Fabrication of an amorphous metal oxide/p-BiVO photocathode: understanding the role of entropy for reducing nitrate to ammonia

The controllable design of chemical microenvironment with the expected thermodynamics and kinetics for boosting catalytic activity and selectivity presents a challenge. Herein, an amorphous metal oxide (A-M x O y ) was employed to understand the polymetallic association of the effect of entropy, revealing the interplay between entropy and the NO 3 − reduction reaction (NITRR) in a photoelectrochemical (PEC) system. Based on ultrafast transient absorption spectroscopy, the signal recovery of an optimal heterostructure (CoFeMnO/BiVO 4 ) was 9.1 ps, confirming that amorphous CoFeMnO effectively promotes the kinetic factor of electrons. Thus, the NH 3 yield rate of the optimal heterostructure (CoFeMnO/BiVO 4 ) is up to 17.82 μg h −1 cm −2 (at −0.1 V vs. RHE), which is almost twice that of p-BiVO 4 . Furthermore, isotope 1 H nuclear magnetic resonance spectroscopy was used to further demonstrate the exactitude of the NH 3 evolutionary process, using 15 NO 3 − as the N resource.
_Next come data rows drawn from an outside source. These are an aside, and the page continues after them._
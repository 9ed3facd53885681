-- ===== src/Api/Imports.antt =====
-- What the plan of an import counts and writes.
use tree_ring_memory.Prelude.{
  ◌+◌, String, ◌≡◌, refl, ap, subst, inl, inr, ◌⊎◌, Bool, true, false, ◌||◌, some, List, [], ◌∷◌,
  ◌==◌, eq_iff, eq_refl, arith, Bool-cases, length, All, All-map, Any, contains, filter,
}
use tree_ring_memory.Event.{MemoryEvent}
use tree_ring_memory.Store.{Store, rows_of, find_memory, exists_memory}
use tree_ring_memory.Policy.Decisions.{Distinct}
use tree_ring_memory.Api.Batch.{plan_import, ImportPlan}

-- The writes are some of the events, in the same order.
abbrev pub IsPart : List MemoryEvent → List MemoryEvent → Type 0
IsPart [] es = Unit
IsPart (w ∷ ws) [] = ⊥
IsPart (w ∷ ws) (e ∷ es) = ((w ≡ e) × IsPart ws es) ⊎ IsPart (w ∷ ws) es

-- The id of the event has a row, was planned before, or is that of a write.
abbrev pub IsCovered : Store → List String → List MemoryEvent → MemoryEvent → Type 0
IsCovered s planned ws e =
    (exists_memory e.id s.memories ≡ true)
    ⊎ (contains planned e.id ≡ true)
    ⊎ Any (λ (w : MemoryEvent). w.id ≡ e.id) ws

-- Of the events, the first of each id that is new.
pub record IsFirstOfNew (s : Store) (planned : List String) (es ws : List MemoryEvent)
    : Type 0 where
  pub part : IsPart ws es
  pub new : All (λ (w : MemoryEvent). exists_memory w.id s.memories ≡ false) ws
  pub distinct : Distinct planned ws
  pub first : All (λ (w : MemoryEvent). find_memory w.id es ≡ some w) ws
  pub covered : All (IsCovered s planned ws) es

-- With `replace_existing` nothing is skipped and all events are written; without it nothing is
-- replaced, and what is written is the first event of each new id.
abbrev pub KeepsPolicy : Bool → Store → List String → List MemoryEvent → ImportPlan → Type 0
KeepsPolicy true s planned events plan =
    (plan.skipped_duplicate_count ≡ 0) × (plan.planned_writes ≡ events)
KeepsPolicy false s planned events plan =
    (plan.replaced_count ≡ 0) × IsFirstOfNew s planned events plan.planned_writes

-- What the plan of an import promises, for the ids planned before.
pub record IsImportPlan (replace_existing : Bool) (s : Store) (planned : List String)
    (events : List MemoryEvent) (plan : ImportPlan) : Type 0 where
  pub total :
      plan.inserted_count + plan.replaced_count + plan.skipped_duplicate_count ≡ length events
  pub writes : length plan.planned_writes ≡ plan.inserted_count + plan.replaced_count
  pub kept : KeepsPolicy replace_existing s planned events plan

skipped-IsPart : (e : MemoryEvent) (ws es : List MemoryEvent) → IsPart ws es → IsPart ws (e ∷ es)
skipped-IsPart e [] es h = tt
skipped-IsPart e (w ∷ ws) es h = inr h

-- The events of other ids are found where one is put in front.
first-cons :
    (e : MemoryEvent) (es ws : List MemoryEvent)
    → All (λ (w : MemoryEvent). e.id == w.id ≡ false) ws
    → All (λ (w : MemoryEvent). find_memory w.id es ≡ some w) ws
    → All (λ (w : MemoryEvent). find_memory w.id (e ∷ es) ≡ some w) ws
unfolding find_memory rows_of filter
first-cons e es [] other found = tt
first-cons e es (w ∷ ws) other found = (rw (other.0) (found.0), first-cons e es ws other.1 found.1)

-- A write has no id that was planned before.
unplanned-Distinct :
    (planned : List String) (ws : List MemoryEvent)
    → Distinct planned ws
    → All (λ (w : MemoryEvent). contains planned w.id ≡ false) ws
unfolding contains
unplanned-Distinct planned [] d = tt
unplanned-Distinct planned (w ∷ ws) d =
    (d.0, All-map ws (λ v h. ground (arith, h)) (unplanned-Distinct (w.id ∷ planned) ws d.1))

more-IsCovered :
    (s : Store) (planned : List String) (e : MemoryEvent) (ws es : List MemoryEvent)
    → All (IsCovered s (e.id ∷ planned) ws) es
    → All (IsCovered s planned (e ∷ ws)) es
unfolding contains
more-IsCovered s planned e ws es h = All-map es (λ x c. one x c) h
  where
    seen :
        (x : MemoryEvent)
        → (e.id == x.id || contains planned x.id) ≡ true
        → IsCovered s planned (e ∷ ws) x
    seen x h = elim (Bool-cases (e.id == x.id)) [
      | inl same ↦ inr (inr (inl ((eq_iff e.id x.id).0 same)))
      | inr other ↦ inr (inl (rw other at h))
    ]

    one : (x : MemoryEvent) → IsCovered s (e.id ∷ planned) ws x → IsCovered s planned (e ∷ ws) x
    one x (inl stored) = inl stored
    one x (inr (inl planned_before)) = seen x planned_before
    one x (inr (inr written)) = inr (inr (inr written))

old-IsCovered :
    (s : Store) (planned : List String) (ws : List MemoryEvent) (e : MemoryEvent)
    → (exists_memory e.id s.memories || contains planned e.id) ≡ true
    → IsCovered s planned ws e
old-IsCovered s planned ws e h = elim (Bool-cases (exists_memory e.id s.memories)) [
  | inl stored ↦ inl stored
  | inr gone ↦ inr (inl (rw gone at h))
]

-- An event of a known id is none of the writes.
other_ids :
    (s : Store) (planned : List String) (e : MemoryEvent) (ws : List MemoryEvent)
    → (exists_memory e.id s.memories || contains planned e.id) ≡ true
    → All (λ (w : MemoryEvent). exists_memory w.id s.memories ≡ false) ws
    → All (λ (w : MemoryEvent). contains planned w.id ≡ false) ws
    → All (λ (w : MemoryEvent). e.id == w.id ≡ false) ws
other_ids s planned e [] known new unplanned = tt
other_ids s planned e (w ∷ ws) known new unplanned =
    (apart, other_ids s planned e ws known new.1 unplanned.1)
  where
    apart : e.id == w.id ≡ false
    apart = elim (Bool-cases (e.id == w.id)) [
      | inr other ↦ other
      | inl same ↦
          let known' : (exists_memory w.id s.memories || contains planned w.id) ≡ true =
            subst (λ (id : String). (exists_memory id s.memories || contains planned id) ≡ true)
              ((eq_iff e.id w.id).0 same) known in
          absurd (cc (rw (new.0, unplanned.0) at known'))
    ]

module _ (s : Store) (planned : List String) (e : MemoryEvent) (es : List MemoryEvent) where
  skipped :
      (ws : List MemoryEvent)
      → (exists_memory e.id s.memories || contains planned e.id) ≡ true
      → IsFirstOfNew s planned es ws
      → IsFirstOfNew s planned (e ∷ es) ws
  skipped ws known f = record {
    part = skipped-IsPart e ws es f.part;
    new = f.new;
    distinct = f.distinct;
    first =
        first-cons e es ws
          (other_ids s planned e ws known f.new (unplanned-Distinct planned ws f.distinct)) f.first;
    covered = (old-IsCovered s planned ws e known, f.covered);
  }

  taken :
      (ws : List MemoryEvent)
      → (exists_memory e.id s.memories || contains planned e.id) ≡ false
      → IsFirstOfNew s (e.id ∷ planned) es ws
      → IsFirstOfNew s planned (e ∷ es) (e ∷ ws)
  unfolding find_memory rows_of filter contains
  taken ws new f = record {
    part = inl (refl, f.part);
    new = (ground arith, f.new);
    distinct = (ground arith, f.distinct);
    first = (
      rw (eq_refl e.id) refl,
      first-cons e es ws
          (All-map ws (λ w h. ground arith) (unplanned-Distinct (e.id ∷ planned) ws f.distinct))
          f.first,
    );
    covered = (inr (inr (inl refl)), more-IsCovered s planned e ws es f.covered);
  }

-- The plan of an import counts each event once, as inserted, replaced or skipped, and plans a
-- write for each that is not skipped. With `replace_existing` nothing is skipped and the events are
-- written as they come. Without it nothing is replaced, and the planned writes are, in the order of
-- the events, the first event of each id that the store does not have and that was not planned
-- before: none is missing and no id is written twice.
pub plan_import-IsImportPlan :
    (replace_existing : Bool) (s : Store) (planned : List String) (events : List MemoryEvent)
    → IsImportPlan replace_existing s planned events (plan_import replace_existing s planned events)
unfolding plan_import
plan_import-IsImportPlan true s planned [] = record {
  total = refl;
  writes = refl;
  kept = (refl, refl);
}
plan_import-IsImportPlan false s planned [] = record {
  total = refl;
  writes = refl;
  kept = (refl, record { part = tt; new = tt; distinct = tt; first = tt; covered = tt });
}
plan_import-IsImportPlan true s planned (e ∷ es) =
    let rest = plan_import-IsImportPlan true s (e.id ∷ planned) es in
    elim (Bool-cases (exists_memory e.id s.memories || contains planned e.id)) [
      | inl old ↦ rw old (record {
        total = omega (arith, rest.total);
        writes = omega (arith, rest.writes);
        kept = (rest.kept.0, ap (◌∷◌ e) rest.kept.1);
      })
      | inr new ↦ rw new (record {
        total = omega (arith, rest.total);
        writes = omega (arith, rest.writes);
        kept = (rest.kept.0, ap (◌∷◌ e) rest.kept.1);
      })
    ]
plan_import-IsImportPlan false s planned (e ∷ es) =
    elim (Bool-cases (exists_memory e.id s.memories || contains planned e.id)) [
      | inl old ↦
          let rest = plan_import-IsImportPlan false s planned es in
          let kept = skipped s planned e es _ old rest.kept.1 in
          rw old (record {
            total = omega (arith, rest.total);
            writes = rest.writes;
            kept = (rest.kept.0, kept);
          })
      | inr new ↦
          let rest = plan_import-IsImportPlan false s (e.id ∷ planned) es in
          let kept = taken s planned e es _ new rest.kept.1 in
          rw new (record {
            total = omega (arith, rest.total);
            writes = omega (arith, rest.writes);
            kept = (rest.kept.0, kept);
          })
    ]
Therefore, desirable entropy regulation and NH 3 production make the herein A-M x O y /BiVO 4 heterostructure a promising NITRR catalyst for use in a future solar conversion system. Entropy regulation makes an amorphous metal oxide/p-BiVO 4 heterostructure a desirable catalyst for the NO 3 − reduction reaction in a photoelectrochemical system.